Task requirements. Only these lines of the data below are wanted: the one with "filename src/Api/SigningQueue.antt", the one with "-- The promise", and any lines between them, each repeated exactly.

Segment Open

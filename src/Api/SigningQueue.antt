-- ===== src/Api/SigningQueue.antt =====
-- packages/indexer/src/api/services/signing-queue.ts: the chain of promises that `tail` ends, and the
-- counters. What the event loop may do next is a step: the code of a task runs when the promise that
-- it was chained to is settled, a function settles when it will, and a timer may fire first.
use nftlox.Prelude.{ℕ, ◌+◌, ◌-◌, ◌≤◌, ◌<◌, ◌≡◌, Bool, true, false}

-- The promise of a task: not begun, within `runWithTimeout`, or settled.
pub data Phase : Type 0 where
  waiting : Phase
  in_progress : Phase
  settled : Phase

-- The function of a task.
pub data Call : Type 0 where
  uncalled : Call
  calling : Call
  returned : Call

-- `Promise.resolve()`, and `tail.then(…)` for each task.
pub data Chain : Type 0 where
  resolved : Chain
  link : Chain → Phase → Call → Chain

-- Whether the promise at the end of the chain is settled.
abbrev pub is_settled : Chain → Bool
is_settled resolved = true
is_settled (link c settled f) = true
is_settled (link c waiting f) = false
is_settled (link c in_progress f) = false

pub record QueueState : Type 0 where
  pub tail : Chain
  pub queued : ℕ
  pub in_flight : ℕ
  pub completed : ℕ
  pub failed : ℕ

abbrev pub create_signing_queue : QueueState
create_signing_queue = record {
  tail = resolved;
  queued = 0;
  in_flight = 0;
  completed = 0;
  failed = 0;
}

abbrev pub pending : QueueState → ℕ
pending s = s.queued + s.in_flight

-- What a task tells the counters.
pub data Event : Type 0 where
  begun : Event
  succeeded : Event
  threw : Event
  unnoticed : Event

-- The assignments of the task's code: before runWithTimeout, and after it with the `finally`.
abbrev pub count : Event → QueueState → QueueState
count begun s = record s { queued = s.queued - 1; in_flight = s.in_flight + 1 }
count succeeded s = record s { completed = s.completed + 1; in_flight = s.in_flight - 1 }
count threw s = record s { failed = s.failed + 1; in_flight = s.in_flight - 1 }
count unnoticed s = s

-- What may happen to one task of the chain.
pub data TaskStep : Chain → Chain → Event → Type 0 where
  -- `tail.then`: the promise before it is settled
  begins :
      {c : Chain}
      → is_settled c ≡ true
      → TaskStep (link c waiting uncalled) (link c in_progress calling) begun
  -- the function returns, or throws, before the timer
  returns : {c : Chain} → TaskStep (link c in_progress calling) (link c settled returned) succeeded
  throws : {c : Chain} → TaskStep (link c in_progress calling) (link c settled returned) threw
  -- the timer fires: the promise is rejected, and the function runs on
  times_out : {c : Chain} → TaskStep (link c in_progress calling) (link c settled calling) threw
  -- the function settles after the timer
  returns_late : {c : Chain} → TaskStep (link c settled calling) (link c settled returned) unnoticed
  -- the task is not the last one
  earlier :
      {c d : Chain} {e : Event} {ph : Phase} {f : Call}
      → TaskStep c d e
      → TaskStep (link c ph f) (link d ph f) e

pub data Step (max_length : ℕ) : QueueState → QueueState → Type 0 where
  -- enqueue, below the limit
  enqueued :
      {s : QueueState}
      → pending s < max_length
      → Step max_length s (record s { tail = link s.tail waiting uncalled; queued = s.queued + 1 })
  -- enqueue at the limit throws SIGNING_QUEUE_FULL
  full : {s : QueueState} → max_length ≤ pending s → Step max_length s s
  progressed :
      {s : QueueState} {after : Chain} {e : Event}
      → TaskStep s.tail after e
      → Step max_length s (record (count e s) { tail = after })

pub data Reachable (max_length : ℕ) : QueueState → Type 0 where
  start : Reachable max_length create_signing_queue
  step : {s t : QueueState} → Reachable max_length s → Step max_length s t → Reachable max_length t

Segment Closed
Segment Open

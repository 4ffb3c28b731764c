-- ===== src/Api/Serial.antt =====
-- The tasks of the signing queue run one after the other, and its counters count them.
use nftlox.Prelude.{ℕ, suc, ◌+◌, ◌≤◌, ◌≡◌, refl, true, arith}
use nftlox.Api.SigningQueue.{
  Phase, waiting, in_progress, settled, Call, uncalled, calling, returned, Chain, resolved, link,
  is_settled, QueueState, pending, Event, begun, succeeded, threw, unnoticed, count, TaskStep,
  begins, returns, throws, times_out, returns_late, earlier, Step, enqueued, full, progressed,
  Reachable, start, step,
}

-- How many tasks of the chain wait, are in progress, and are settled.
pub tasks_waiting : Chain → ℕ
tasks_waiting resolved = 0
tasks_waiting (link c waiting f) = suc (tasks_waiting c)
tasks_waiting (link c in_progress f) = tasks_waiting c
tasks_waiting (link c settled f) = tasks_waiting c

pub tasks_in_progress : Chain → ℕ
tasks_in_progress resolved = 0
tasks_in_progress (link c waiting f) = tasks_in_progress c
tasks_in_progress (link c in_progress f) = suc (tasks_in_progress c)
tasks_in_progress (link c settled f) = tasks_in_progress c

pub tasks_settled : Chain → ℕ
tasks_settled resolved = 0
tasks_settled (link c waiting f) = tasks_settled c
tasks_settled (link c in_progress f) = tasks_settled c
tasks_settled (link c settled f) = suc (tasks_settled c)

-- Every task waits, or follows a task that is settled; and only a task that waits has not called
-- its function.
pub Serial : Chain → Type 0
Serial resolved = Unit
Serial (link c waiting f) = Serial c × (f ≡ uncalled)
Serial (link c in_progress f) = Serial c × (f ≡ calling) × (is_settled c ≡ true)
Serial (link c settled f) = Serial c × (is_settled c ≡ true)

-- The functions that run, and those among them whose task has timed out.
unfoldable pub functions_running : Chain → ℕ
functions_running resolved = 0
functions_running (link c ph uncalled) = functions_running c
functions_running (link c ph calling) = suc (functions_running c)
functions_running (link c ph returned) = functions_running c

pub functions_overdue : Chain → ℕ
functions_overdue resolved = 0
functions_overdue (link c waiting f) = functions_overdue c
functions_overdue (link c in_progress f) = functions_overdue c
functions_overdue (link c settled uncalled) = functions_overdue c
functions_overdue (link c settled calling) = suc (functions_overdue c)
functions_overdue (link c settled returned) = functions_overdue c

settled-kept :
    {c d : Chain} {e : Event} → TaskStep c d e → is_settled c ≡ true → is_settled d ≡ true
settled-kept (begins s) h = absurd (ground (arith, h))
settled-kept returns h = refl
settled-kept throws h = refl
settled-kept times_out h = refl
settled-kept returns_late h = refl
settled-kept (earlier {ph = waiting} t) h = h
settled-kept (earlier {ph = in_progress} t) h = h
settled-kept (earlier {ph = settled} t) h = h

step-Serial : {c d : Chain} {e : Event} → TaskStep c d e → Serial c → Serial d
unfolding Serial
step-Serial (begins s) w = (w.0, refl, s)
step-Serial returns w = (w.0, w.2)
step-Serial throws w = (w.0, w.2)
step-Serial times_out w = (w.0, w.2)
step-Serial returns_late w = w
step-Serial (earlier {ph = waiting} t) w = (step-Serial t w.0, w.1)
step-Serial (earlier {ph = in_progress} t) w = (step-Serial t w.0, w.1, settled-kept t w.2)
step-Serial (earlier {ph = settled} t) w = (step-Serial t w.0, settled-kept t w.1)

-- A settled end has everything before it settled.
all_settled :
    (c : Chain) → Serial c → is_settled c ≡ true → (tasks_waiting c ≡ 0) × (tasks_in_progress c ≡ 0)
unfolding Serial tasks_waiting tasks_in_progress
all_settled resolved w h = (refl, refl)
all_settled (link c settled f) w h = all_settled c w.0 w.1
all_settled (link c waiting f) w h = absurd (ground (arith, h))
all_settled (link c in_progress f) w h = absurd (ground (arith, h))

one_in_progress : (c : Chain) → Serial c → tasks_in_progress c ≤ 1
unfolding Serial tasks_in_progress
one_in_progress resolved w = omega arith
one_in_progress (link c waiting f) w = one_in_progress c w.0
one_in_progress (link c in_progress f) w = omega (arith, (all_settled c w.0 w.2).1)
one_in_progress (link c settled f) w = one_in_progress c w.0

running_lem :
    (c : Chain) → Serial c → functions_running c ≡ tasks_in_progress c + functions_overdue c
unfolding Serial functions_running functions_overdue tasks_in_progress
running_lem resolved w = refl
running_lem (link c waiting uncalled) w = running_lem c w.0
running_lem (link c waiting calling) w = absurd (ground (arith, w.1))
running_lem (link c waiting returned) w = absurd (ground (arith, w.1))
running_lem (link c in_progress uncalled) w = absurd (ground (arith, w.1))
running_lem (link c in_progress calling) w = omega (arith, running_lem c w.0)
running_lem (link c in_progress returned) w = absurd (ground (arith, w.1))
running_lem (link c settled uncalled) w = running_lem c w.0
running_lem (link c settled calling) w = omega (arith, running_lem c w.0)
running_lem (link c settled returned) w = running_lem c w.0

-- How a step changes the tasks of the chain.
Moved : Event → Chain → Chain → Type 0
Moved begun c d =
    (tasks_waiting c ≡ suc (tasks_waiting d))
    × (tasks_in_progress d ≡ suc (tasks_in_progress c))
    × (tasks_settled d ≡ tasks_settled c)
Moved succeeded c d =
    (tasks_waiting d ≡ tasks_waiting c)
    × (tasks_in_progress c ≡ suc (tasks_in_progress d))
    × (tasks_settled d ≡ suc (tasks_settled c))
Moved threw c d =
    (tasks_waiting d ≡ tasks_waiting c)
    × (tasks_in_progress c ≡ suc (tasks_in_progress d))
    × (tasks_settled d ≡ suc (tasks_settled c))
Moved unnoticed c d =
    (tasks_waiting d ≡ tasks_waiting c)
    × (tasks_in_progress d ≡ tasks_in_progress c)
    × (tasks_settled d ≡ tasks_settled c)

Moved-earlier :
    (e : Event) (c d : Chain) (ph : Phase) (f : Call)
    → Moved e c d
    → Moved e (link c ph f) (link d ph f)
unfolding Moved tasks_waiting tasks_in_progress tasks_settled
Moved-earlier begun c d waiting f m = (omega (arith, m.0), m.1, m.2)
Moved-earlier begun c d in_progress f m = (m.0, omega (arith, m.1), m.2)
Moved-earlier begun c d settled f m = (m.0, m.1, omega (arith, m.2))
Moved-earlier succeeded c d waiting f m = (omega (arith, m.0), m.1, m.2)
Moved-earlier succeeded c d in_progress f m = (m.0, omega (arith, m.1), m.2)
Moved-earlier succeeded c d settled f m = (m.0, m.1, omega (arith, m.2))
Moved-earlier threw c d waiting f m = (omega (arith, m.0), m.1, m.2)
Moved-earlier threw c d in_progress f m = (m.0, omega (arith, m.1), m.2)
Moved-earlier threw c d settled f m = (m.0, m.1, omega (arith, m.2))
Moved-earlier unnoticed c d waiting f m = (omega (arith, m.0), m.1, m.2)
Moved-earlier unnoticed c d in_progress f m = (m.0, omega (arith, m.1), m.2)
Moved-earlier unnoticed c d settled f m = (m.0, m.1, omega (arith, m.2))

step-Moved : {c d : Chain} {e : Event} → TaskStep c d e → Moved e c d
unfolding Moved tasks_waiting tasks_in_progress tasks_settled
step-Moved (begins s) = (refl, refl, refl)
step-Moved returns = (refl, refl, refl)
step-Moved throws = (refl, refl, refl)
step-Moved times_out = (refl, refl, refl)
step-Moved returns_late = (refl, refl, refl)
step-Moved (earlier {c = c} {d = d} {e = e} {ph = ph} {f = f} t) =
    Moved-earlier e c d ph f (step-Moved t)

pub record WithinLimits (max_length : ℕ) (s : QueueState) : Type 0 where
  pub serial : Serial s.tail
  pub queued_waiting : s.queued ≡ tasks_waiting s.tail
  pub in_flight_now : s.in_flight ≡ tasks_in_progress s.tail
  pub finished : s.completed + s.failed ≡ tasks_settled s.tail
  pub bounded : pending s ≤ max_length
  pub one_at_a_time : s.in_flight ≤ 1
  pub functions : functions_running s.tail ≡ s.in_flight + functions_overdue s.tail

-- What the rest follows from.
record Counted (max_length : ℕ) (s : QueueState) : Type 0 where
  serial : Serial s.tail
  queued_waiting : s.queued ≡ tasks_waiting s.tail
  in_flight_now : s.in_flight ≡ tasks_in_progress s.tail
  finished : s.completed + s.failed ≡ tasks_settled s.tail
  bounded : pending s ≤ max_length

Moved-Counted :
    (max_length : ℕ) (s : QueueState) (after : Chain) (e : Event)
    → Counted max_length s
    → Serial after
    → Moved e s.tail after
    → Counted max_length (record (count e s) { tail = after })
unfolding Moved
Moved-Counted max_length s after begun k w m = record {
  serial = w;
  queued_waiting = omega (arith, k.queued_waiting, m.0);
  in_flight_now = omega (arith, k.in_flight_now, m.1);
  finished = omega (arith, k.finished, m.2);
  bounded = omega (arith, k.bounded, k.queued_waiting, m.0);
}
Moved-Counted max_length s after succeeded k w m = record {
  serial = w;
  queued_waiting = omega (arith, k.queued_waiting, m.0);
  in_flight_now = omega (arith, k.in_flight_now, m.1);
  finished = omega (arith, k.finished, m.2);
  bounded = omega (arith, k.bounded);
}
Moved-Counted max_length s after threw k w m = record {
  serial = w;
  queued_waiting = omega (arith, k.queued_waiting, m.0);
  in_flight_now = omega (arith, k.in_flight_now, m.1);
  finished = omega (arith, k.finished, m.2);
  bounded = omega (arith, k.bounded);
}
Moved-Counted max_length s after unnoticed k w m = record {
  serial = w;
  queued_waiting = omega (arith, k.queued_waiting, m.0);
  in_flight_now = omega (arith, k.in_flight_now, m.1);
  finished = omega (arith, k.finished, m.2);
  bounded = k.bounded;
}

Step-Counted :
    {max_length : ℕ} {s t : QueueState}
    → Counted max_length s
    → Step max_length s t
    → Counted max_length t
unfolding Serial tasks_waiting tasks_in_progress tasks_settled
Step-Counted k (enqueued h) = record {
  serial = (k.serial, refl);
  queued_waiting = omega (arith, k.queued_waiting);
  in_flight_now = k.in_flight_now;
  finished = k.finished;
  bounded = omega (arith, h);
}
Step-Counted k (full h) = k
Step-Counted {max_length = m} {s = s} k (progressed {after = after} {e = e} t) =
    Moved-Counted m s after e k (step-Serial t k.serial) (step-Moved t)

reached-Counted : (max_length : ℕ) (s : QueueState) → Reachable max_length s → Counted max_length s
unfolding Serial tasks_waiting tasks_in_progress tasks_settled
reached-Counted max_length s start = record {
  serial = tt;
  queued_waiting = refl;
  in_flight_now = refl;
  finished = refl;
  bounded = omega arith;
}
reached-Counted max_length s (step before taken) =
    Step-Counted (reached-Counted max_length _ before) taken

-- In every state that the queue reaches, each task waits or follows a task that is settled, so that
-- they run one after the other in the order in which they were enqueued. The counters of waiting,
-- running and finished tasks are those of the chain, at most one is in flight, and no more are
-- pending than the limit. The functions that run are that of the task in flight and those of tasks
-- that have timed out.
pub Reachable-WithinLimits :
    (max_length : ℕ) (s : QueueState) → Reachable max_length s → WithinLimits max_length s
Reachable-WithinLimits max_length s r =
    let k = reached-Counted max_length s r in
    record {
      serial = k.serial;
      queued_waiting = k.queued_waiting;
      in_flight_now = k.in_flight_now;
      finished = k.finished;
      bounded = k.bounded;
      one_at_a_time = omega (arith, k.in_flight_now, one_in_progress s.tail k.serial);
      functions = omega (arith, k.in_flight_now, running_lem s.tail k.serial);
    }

Segment Closed
Segment Open

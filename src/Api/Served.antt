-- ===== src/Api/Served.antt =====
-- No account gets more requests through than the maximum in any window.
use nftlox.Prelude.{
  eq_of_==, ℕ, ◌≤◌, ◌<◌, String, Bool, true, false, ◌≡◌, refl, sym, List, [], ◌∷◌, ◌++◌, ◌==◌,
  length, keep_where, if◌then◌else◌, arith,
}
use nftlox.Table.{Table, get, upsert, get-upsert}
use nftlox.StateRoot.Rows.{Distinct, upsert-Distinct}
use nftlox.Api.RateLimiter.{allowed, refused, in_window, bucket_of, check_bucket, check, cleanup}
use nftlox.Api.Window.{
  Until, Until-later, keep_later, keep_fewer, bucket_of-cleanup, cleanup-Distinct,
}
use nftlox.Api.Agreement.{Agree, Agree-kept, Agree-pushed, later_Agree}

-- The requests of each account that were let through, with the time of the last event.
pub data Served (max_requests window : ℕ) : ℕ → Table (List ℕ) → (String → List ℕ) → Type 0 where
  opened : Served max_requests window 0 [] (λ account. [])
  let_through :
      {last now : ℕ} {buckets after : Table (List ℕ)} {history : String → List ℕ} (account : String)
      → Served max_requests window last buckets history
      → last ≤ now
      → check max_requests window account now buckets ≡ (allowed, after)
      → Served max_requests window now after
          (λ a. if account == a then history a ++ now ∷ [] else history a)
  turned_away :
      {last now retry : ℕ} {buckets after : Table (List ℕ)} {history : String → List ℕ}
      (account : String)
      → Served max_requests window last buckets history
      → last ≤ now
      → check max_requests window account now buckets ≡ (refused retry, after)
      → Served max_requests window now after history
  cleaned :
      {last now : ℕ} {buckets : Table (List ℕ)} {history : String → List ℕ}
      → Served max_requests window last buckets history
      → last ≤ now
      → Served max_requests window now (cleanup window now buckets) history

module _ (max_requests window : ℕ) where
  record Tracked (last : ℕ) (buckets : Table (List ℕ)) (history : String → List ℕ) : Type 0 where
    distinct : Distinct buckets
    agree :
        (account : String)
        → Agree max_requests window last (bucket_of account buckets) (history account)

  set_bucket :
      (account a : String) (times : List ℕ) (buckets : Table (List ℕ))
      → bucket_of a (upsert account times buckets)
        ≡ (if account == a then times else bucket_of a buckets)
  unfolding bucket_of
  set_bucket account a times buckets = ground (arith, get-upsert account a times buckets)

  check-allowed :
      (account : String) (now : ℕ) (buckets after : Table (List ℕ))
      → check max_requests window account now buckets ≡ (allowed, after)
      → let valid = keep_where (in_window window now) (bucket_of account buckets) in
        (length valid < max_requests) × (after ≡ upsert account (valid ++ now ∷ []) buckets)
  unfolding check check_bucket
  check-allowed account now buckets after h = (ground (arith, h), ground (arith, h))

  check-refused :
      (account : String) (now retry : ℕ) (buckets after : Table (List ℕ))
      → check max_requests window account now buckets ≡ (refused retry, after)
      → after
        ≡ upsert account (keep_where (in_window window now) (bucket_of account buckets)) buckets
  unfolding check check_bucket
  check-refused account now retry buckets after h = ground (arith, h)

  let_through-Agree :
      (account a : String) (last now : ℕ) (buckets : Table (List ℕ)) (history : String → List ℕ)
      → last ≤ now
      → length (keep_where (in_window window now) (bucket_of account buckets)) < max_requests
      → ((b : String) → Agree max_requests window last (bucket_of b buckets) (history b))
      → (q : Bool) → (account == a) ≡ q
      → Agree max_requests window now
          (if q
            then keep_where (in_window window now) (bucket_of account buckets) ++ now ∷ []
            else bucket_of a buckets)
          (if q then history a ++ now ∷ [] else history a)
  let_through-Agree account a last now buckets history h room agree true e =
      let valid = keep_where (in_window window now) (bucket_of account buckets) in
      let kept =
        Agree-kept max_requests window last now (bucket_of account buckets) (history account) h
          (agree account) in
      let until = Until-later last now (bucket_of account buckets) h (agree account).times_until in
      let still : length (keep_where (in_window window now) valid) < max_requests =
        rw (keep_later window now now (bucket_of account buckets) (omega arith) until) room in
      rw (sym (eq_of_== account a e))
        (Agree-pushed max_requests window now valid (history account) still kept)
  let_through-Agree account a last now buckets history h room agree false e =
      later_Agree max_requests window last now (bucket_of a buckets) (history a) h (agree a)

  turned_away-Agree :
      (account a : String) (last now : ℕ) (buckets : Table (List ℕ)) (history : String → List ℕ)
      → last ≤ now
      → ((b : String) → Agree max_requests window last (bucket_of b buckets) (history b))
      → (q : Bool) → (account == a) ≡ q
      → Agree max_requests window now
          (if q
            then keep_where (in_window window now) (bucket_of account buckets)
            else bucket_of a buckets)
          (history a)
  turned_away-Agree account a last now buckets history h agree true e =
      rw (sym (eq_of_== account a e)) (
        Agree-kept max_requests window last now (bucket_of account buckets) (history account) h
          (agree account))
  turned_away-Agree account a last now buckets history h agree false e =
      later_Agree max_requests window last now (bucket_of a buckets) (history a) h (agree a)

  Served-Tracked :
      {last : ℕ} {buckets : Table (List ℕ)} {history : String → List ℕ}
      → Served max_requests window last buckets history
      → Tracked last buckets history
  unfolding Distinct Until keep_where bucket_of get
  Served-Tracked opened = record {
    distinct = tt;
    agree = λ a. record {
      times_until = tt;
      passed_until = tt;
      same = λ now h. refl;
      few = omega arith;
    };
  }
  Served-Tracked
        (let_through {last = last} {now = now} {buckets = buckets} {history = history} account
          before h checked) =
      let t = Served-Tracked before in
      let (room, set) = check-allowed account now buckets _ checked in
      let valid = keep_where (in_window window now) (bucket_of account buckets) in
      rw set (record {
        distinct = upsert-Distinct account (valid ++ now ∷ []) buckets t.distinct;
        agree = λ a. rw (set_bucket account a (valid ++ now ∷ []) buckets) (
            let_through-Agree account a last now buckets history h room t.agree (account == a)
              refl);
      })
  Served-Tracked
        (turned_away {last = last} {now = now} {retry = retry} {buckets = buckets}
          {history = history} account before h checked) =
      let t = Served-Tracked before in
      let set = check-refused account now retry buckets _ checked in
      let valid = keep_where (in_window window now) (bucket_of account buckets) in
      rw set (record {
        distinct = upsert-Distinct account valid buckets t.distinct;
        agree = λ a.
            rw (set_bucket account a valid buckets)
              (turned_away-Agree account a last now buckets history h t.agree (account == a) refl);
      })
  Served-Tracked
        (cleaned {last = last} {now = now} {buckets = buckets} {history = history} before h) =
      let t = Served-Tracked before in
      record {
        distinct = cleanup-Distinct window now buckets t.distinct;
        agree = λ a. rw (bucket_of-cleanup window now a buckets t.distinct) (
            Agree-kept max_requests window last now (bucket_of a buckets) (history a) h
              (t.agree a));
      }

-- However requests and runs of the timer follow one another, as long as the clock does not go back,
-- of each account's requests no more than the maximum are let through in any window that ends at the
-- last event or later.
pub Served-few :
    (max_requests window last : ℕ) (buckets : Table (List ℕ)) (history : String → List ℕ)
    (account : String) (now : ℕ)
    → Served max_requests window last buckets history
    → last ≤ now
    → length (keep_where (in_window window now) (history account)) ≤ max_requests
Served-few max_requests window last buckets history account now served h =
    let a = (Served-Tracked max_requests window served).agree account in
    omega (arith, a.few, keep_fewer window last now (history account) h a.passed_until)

Segment Closed

Written response.
filename src/Api/SigningQueue.antt
-- ===== src/Api/SigningQueue.antt =====
-- packages/indexer/src/api/services/signing-queue.ts: the chain of promises that `tail` ends, and the
-- counters. What the event loop may do next is a step: the code of a task runs when the promise that
-- it was chained to is settled, a function settles when it will, and a timer may fire first.
use nftlox.Prelude.{ℕ, ◌+◌, ◌-◌, ◌≤◌, ◌<◌, ◌≡◌, Bool, true, false}

-- The promise of a task: not begun, within `runWithTimeout`, or settled.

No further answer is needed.